Was ist eine Lebensmittelfälschung überhaupt?

Es gibt drei Kategorien: bei der Täuschung wird etwas vorgespiegelt, das nicht da ist. Beim Betrug hat der Fälscher einen wirtschaftlichen Vorteil. Die dritte Kategorie wäre das Verbrechen, bei dem Menschen zu Schaden kommen.

Ist Gier das Hauptmotiv?

Oft. Aber ohne den geizigen Verbraucher würde es nicht funktionieren. Es gibt aber auch Fälscher, die nichts Böses im Sinn haben. Nehmen Sie die Pferdefleischskandale. Da bestellen Sie bei einem kasachischen Lieferanten 100 Tonnen Rindfleisch, und er hat nur 99. Er will ein zuverlässiger Lieferant sein und gibt eine Tonne Pferdefleisch dazu.

Billigfleisch.

Für uns! In kasachischen Restaurants ist Pferdefleisch das teuerste von allen. Subjektiv tut der Lieferant nichts Böses, sondern hat sogar Einbußen, wenn er Pferdefleisch gibt. Das ist trotzdem nicht richtig. Aber nur wer die wahren Gründe kennt, kann Fälschungen verhindern.

Was tun die Unternehmen?

Sie überprüfen vor Ort alles bis ins Detail. Aber da prüft man ja nur, was gewesen ist und sucht das Risiko zu vermindern. Man sollte aber die Ursache beheben.

Ein Beispiel?

Deutschland kauft in der Türkei gemahlene Haselnüsse. Vor zwei Jahren gab es eine Missernte.

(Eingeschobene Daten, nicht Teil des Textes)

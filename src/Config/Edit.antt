-- ===== src/Config/Edit.antt =====
-- crates/avash/src/lib.rs: what the functions that edit `~/.ssh/config` share. The text in writing
-- (`out`) is the list of the pieces that are each followed by a line feed.
pub mod Append
pub mod Remove
pub mod Update
pub mod Folder
pub mod Blanks
pub mod Sections
use avash.Base.{
  ℕ, zero, suc, ◌-◌, Bool, true, false, not, ◌&&◌, ◌||◌, Option, none, some, List, [], ◌∷◌, ◌++◌,
  length, ltb, ◌==◌, if◌then◌else◌, is_nil, any,
}
use avash.Base.Text.{
  Text, codes, is_whitespace, trim, trim_start, trim_start_if, text_eq, to_lowercase,
  eq_ignore_case, strip_prefix, starts_with, split_once, split_whitespace, contains_char, join,
  replace_char, lines,
}
use avash.Base.Replace.{contains, replace}
use avash.Config.Host.{
  SshHost, Error, Result, ok, err, FileRead, absent, unreadable_file, content, unreadable,
  several_aliases, not_found,
}
use avash.Config.Blocks.{either_prefix, tags_after, folder_after, parse_config_str}

-- The position of the first line feed, and what stands before it.
unfoldable pub first_line : Text → Option Text
first_line [] = none
first_line (c ∷ s) =
    if c == b'\n' then some [] else elim (first_line s) [ none ↦ none | some l ↦ some (c ∷ l) ]

abbrev ends_in_cr : Text → Bool
ends_in_cr [] = false
ends_in_cr (c ∷ []) = c == b'\r'
ends_in_cr (c ∷ d ∷ s) = ends_in_cr (d ∷ s)

-- `fin_de_ligne(content) == "\r\n"`
unfoldable pub is_crlf : Text → Bool
unfolding first_line
is_crlf text = elim (first_line text) [ none ↦ false | some l ↦ ends_in_cr l ]

-- `None` stands for the failure of `parse_ssh_config`.
unfoldable pub is_declared : Text → Option (List SshHost) → Text → Bool
unfolding parse_config_str
is_declared alias all_hosts main =
    let taken = λ (hosts : List SshHost). any (λ h. eq_ignore_case h.alias alias) hosts in
    elim all_hosts [ some hosts ↦ taken hosts | none ↦ taken (parse_config_str main) ]

-- The keyword of a line, and its trimmed value.
unfoldable pub key_and_value : Text → Text × Text
unfolding split_once is_whitespace
key_and_value trimmed = elim (split_once is_whitespace trimmed) [
  | none ↦ (trimmed, [])
  | some (k, v) ↦ (k, trim v)
]

-- `value.split_whitespace().eq(once(alias))`
abbrev pub is_only : List Text → Text → Bool
is_only (name ∷ []) alias = text_eq name alias
is_only _ alias = false

-- The line opens the block of this alias alone.
unfoldable pub opens_block_of : Text → Text → Bool
unfolding split_whitespace
opens_block_of value alias = is_only (split_whitespace value) alias

unfoldable pub multi_alias_block : Text → List Text → Option (List Text)
unfolding split_once split_whitespace is_whitespace
multi_alias_block alias [] = none
multi_alias_block alias (l ∷ ls) =
    let go_on = multi_alias_block alias ls in
    elim (split_once is_whitespace (trim_start l)) [
      | none ↦ go_on
      | some (key, value) ↦
          let names = split_whitespace value in
          if not (eq_ignore_case key (codes "host"))
          then go_on
          else if ltb 1 (length names) && any (λ n. text_eq n alias) names
          then some names
          else go_on
    ]

unfoldable pub not_editable : Text → Text → Error
unfolding multi_alias_block join
not_editable text alias = elim (multi_alias_block alias (lines text)) [
  | some names ↦ several_aliases (join (codes " ") names)
  | none ↦ not_found alias
]

abbrev pub is_some : Option Text → Bool
is_some none = false
is_some (some a) = true

unfoldable pub is_tags_comment : Text → Bool
unfolding strip_prefix
is_tags_comment line = elim (strip_prefix (codes "#") (trim_start line)) [
  | none ↦ false
  | some r ↦ is_some (tags_after r)
]

unfoldable pub is_folder_comment : Text → Bool
unfolding strip_prefix
is_folder_comment line = elim (strip_prefix (codes "#") (trim_start line)) [
  | none ↦ false
  | some r ↦ is_some (folder_after r)
]

-- An empty line or a free comment: it may announce the block that follows.
unfoldable pub is_free_line : Text → Bool
unfolding is_tags_comment is_folder_comment
is_free_line line =
    let trimmed = trim_start line in
    is_nil trimmed
    || (starts_with (codes "#") trimmed
        && not (is_tags_comment line)
        && not (is_folder_comment line))

abbrev pub three_feeds : Text
three_feeds = codes "\n\n\n"

-- `while out.contains("\n\n\n") { out = out.replace("\n\n\n", "\n\n"); }`
unfoldable pub compact : ℕ → Text → Text
unfolding replace contains
compact zero out = out
compact (suc f) out =
    let again = compact f (replace three_feeds (codes "\n\n") out) in
    if contains three_feeds out then again else out

-- What is written: blank lines compacted, none at the front, and the line ends of the file.
unfoldable pub with_line_ends : Text → Text → Text
unfolding is_crlf replace_char
with_line_ends original out =
    if is_crlf original then replace_char b'\n' (codes "\r\n") out else out

unfoldable pub written : Text → Text → Text
unfolding compact with_line_ends trim_start_if
written original out =
    with_line_ends original (trim_start_if (λ c. c == b'\n') (compact (length out) out))

-- `read_to_string`, where an absent file is an error too.
abbrev pub text_of : FileRead → Result Text
text_of absent = err unreadable
text_of unreadable_file = err unreadable
text_of (content t) = ok t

Also wurden zum Beispiel Erdnüsse drunter gemischt. Da heißt es sofort: Aha, die Gier. Der wirkliche Grund war der Wille, als guter Lieferant weiterleben zu können. Denn es wurden auch die teuren Cashewnüsse druntergemischt. Dieses Risiko können Sie bannen, indem Sie ganze Haselnüsse kaufen und hier mahlen lassen.

Das ist teurer.

Wenn Sie die Kosten addieren, die Sie haben, um das Risiko zu managen – einen Prüfer in die Türkei senden, das Mehl zu einer Analysefirma schicken –, kostet das nicht mehr, als die Nüsse hier zu mahlen.

Warum tun die Firmen das nicht?

Weil die meisten von Controllern, Finanzleuten geführt werden. Die gucken, wie am meisten Geld herauskommt und übersehen die indirekten Kosten.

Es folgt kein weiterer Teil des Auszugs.